Türk Tiyatrosu'nun dev ismi Tuncay Özinel son yolculuğuna Kadıköy'den uğurlandı. Geçtiğimiz hafta sonu geçirdiği bir rahatsızlık sonucu kaldırıldığı hastanede yaşamını yitiren ünlü sanatçı Tuncay Özinel, Türkiye'yi yasa boğdu. Eserleriyle ve sahnedeki performansıyla yıllardır beğeniyle izlenen Tuncay Özinel için Kadıköy Halk Eğitim Merkezinde 25 Kasım Pazartesi günü 13.00'da bir tören düzenlendi. CHP Milletvekilleri Akif Hamzaçebi, Aylin Nazlıaka, Kadıköy Belediye Başkanı Av. Selami Öztürk, Kadıköy İlçe Milli Eğitim Müdürü Ferşat Ayar, Kadıköy CHP İlçe Başkanı Necati Ekşi'nin yanı sıra kısa süre önce babaları Nejat Uygur'u kaybeden Süheyl-Behzat Uygur kardeşler, Müjdat Gezen, Ali Erdoğan olmak üzere sanat camiasının önde gelen çok sayıda ünlü isminin katıldığı tören, merhum Tuncay Özinel'in sanat yaşamının anlatımıyla başladı.Naaşı sahneye getirilen Özinel için törene katılan usta ve yeni kuşak pek çok sanatçı dostunun gözyaşlarını tutamadığı görüldü.

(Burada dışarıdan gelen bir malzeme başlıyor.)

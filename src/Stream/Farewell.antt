-- ===== src/Stream/Farewell.antt =====
-- The Close frames among a session's events, and where they stand.
use eiows.Common.{
  ℕ, ◌+◌, ◌<◌, ◌≡◌, refl, ap, ◌∙◌, Bool, true, false, Option, none, some, List, [], ◌∷◌, ◌++◌,
  arith, ◌==◌, if◌then◌else◌, Bytes, take,
}
use eiows.Protocol.Ascii.{Simd}
use eiows.Protocol.CloseFrame.{format_close_payload}
use eiows.Protocol.Frame.{get_op_code, format_message, format_message_header}
use eiows.Protocol.Frame.Header.{first_byte-op_code}
use eiows.Protocol.OpCode
use eiows.Stream.Session.{
  EventType, message, frame, close, Event, format_frame, format_close, max_close_reason,
}

abbrev pub is_close : EventType → ℕ
is_close close = 1
is_close frame = 0
is_close message = 0

-- The number of CLOSE events.
abbrev pub closes : List Event → ℕ
closes [] = 0
closes (e ∷ es) = is_close e.type + closes es

pub closes-append : (xs ys : List Event) → closes (xs ++ ys) ≡ closes xs + closes ys
closes-append [] ys = omega arith
closes-append (e ∷ xs) ys = let rest = closes-append xs ys in omega arith

-- 1 for a frame whose opcode is that of a Close.
abbrev pub close_frame : EventType → Bytes → ℕ
close_frame frame bytes = if get_op_code bytes == OpCode.close then 1 else 0
close_frame message bytes = 0
close_frame close bytes = 0

-- The number of Close frames among the frames to send.
abbrev pub close_frames : List Event → ℕ
close_frames [] = 0
close_frames (e ∷ es) = close_frame e.type e.bytes + close_frames es

pub close_frames-append :
    (xs ys : List Event) → close_frames (xs ++ ys) ≡ close_frames xs + close_frames ys
close_frames-append [] ys = omega arith
close_frames-append (e ∷ xs) ys = let rest = close_frames-append xs ys in omega arith

-- The same ahead of the first CLOSE event.
abbrev pub ahead : EventType → Bytes → ℕ → ℕ
ahead frame bytes n = close_frame frame bytes + n
ahead message bytes n = n
ahead close bytes n = 0

abbrev pub close_frames_ahead : List Event → ℕ
close_frames_ahead [] = 0
close_frames_ahead (e ∷ es) = ahead e.type e.bytes (close_frames_ahead es)

ahead-add :
    (type : EventType) (bytes : Bytes) (n k closed : ℕ)
    → is_close type + closed ≡ 0
    → ahead type bytes (n + k) ≡ ahead type bytes n + k
ahead-add frame bytes n k closed z = omega arith
ahead-add message bytes n k closed z = omega arith
ahead-add close bytes n k closed z = absurd (omega (arith, z))

pub close_frames_ahead-append :
    (xs ys : List Event)
    → closes xs ≡ 0
    → close_frames_ahead (xs ++ ys) ≡ close_frames_ahead xs + close_frames_ahead ys
close_frames_ahead-append [] ys z = omega arith
close_frames_ahead-append (e ∷ xs) ys z =
    ap (ahead e.type e.bytes) (close_frames_ahead-append xs ys (omega (arith, z)))
    ∙ ahead-add e.type e.bytes (close_frames_ahead xs) (close_frames_ahead ys) (closes xs) z

pub close_frames_ahead-same :
    (xs ys : List Event)
    → close_frames_ahead ys ≡ 0
    → close_frames_ahead (xs ++ ys) ≡ close_frames_ahead xs
close_frames_ahead-same [] ys z = z
close_frames_ahead-same (e ∷ xs) ys z = ap (ahead e.type e.bytes) (close_frames_ahead-same xs ys z)

-- An event that is no Close frame is none ahead of a CLOSE event either.
pub ahead-zero :
    (type : EventType) (bytes : Bytes) → close_frame type bytes ≡ 0 → ahead type bytes 0 ≡ 0
ahead-zero frame bytes z = omega (arith, z)
ahead-zero message bytes z = refl
ahead-zero close bytes z = refl

-- A session's record of its Close frame, when it starts with `before`, is at `sent`, and has given
-- out so many Close frames: one exactly if the record has changed.
pub data Sent (before sent : Bool) (count : ℕ) : Type 0 where
  never_sent : before ≡ false → sent ≡ false → count ≡ 0 → Sent before sent count
  sent_by_session : before ≡ false → sent ≡ true → count ≡ 1 → Sent before sent count
  sent_by_owner : before ≡ true → sent ≡ true → count ≡ 0 → Sent before sent count

pub newly-Sent :
    (before sent : Bool) (n k : ℕ)
    → sent ≡ false
    → k ≡ n + 1
    → Sent before sent n
    → Sent before true k
newly-Sent before sent n k fresh more (never_sent b s z) = sent_by_session b refl (omega arith)
newly-Sent before sent n k fresh more (sent_by_session b s z) = absurd (cc (fresh, s))
newly-Sent before sent n k fresh more (sent_by_owner b s z) = absurd (cc (fresh, s))

-- No change, and no Close frame.
pub unchanged-Sent : (before : Bool) → Sent before before 0
unchanged-Sent true = sent_by_owner refl refl refl
unchanged-Sent false = never_sent refl refl refl

-- What happens before and after a session's record was `middle`.
pub Sent-add :
    {before middle after : Bool} {n k : ℕ}
    → Sent before middle n
    → Sent middle after k
    → Sent before after (n + k)
Sent-add (never_sent b s z) (never_sent b' s' z') = never_sent b s' (omega arith)
Sent-add (never_sent b s z) (sent_by_session b' s' z') = sent_by_session b s' (omega arith)
Sent-add (never_sent b s z) (sent_by_owner b' s' z') = absurd (cc (s, b'))
Sent-add (sent_by_session b s z) (never_sent b' s' z') = absurd (cc (s, b'))
Sent-add (sent_by_session b s z) (sent_by_session b' s' z') = absurd (cc (s, b'))
Sent-add (sent_by_session b s z) (sent_by_owner b' s' z') = sent_by_session b s' (omega arith)
Sent-add (sent_by_owner b s z) (never_sent b' s' z') = absurd (cc (s, b'))
Sent-add (sent_by_owner b s z) (sent_by_session b' s' z') = absurd (cc (s, b'))
Sent-add (sent_by_owner b s z) (sent_by_owner b' s' z') = sent_by_owner b s' (omega arith)

pub get_op_code-format_frame :
    (bytes : Bytes) (op_code : ℕ)
    → op_code < 16
    → get_op_code (format_frame bytes op_code false) ≡ op_code
unfolding format_frame format_message format_message_header get_op_code
get_op_code-format_frame bytes op_code h = ground (arith, first_byte-op_code false op_code h)

pub close_frame-format_close :
    (simd : Simd) (code : ℕ) (reason : Option Bytes)
    → close_frame frame (format_close simd code reason) ≡ 1
unfolding format_close
close_frame-format_close simd code none =
    rw (get_op_code-format_frame (format_close_payload simd code none) 8 (omega arith)) refl
close_frame-format_close simd code (some reason) =
    rw
      (get_op_code-format_frame
        (format_close_payload simd code (some (take max_close_reason reason))) 8 (omega arith))
      refl

pub close_frame-pong :
    (bytes : Bytes) → close_frame frame (format_frame bytes OpCode.pong false) ≡ 0
close_frame-pong bytes = rw (get_op_code-format_frame bytes 10 (omega arith)) refl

YAKIN DOSTUMU DA KAYBETTİM
Kadıköy Halk Eğitim Merkezi salonunda düzenlenen törende kaybettiğimiz Tuncay Özinel ve diğer sanatçılar için saygı duruşu da düzenlendi. Kadıköylü bir yönetici ve Özinel'in yakın bir dostu olarak duygularını paylaşmak istediğini söyleyen Kadıköy Belediye Başkanı Av. Selami Öztürk sözlerine başsağlığı dileğiyle başladı. Sanatçı ve aynı zamanda yakın dostunu ani şekilde kaybetmenin üzüntü ve şokunu birarada yaşadığını ifade eden Başkan Selami Öztürk, "Türkiye önemli bir sanatçısını kaybetti. Aynı zamanda sevdiğim bir dostumu da kaybettim. Daha geçen hafta başında bana gelmişti. Canı bir şeye sıkılınca çok çabuk gelirdi zaten sevgili Tuncay. Bir şeye takılmışsa muhakkak telefonla arar ve aynı anda gelmek isterdi. O gün de yine bir şeylere takılmıştı. Geldi, oturduk, konuştuk biraz rahatladı. Gayet sağlıklıydı. Ali Poyrazoğlu cumartesi günü telefonda ağlayarak arayınca birden bire şok geçirdim. Bir anda karşınızda duran sizi seven, hiçbir problemi olmayan bir isim bir an sonra maalesef yok. Yalnız görünüyordu ama çok dostları sevenleri olan birisiydi. Her zaman da dik durmasını bildi. Muhlis gözüken Tuncay Özinel aslında içi devamlı kaynayan ve dik duran, taviz vermeyen bir yapıya sahipti. Oyunlarını istediği gibi özgürce oynamayı seviyordu. Bu yönüyle de çok takdir ediyordum. Işıklar içinde yatsın hepimizin başı sağolsun” dedi.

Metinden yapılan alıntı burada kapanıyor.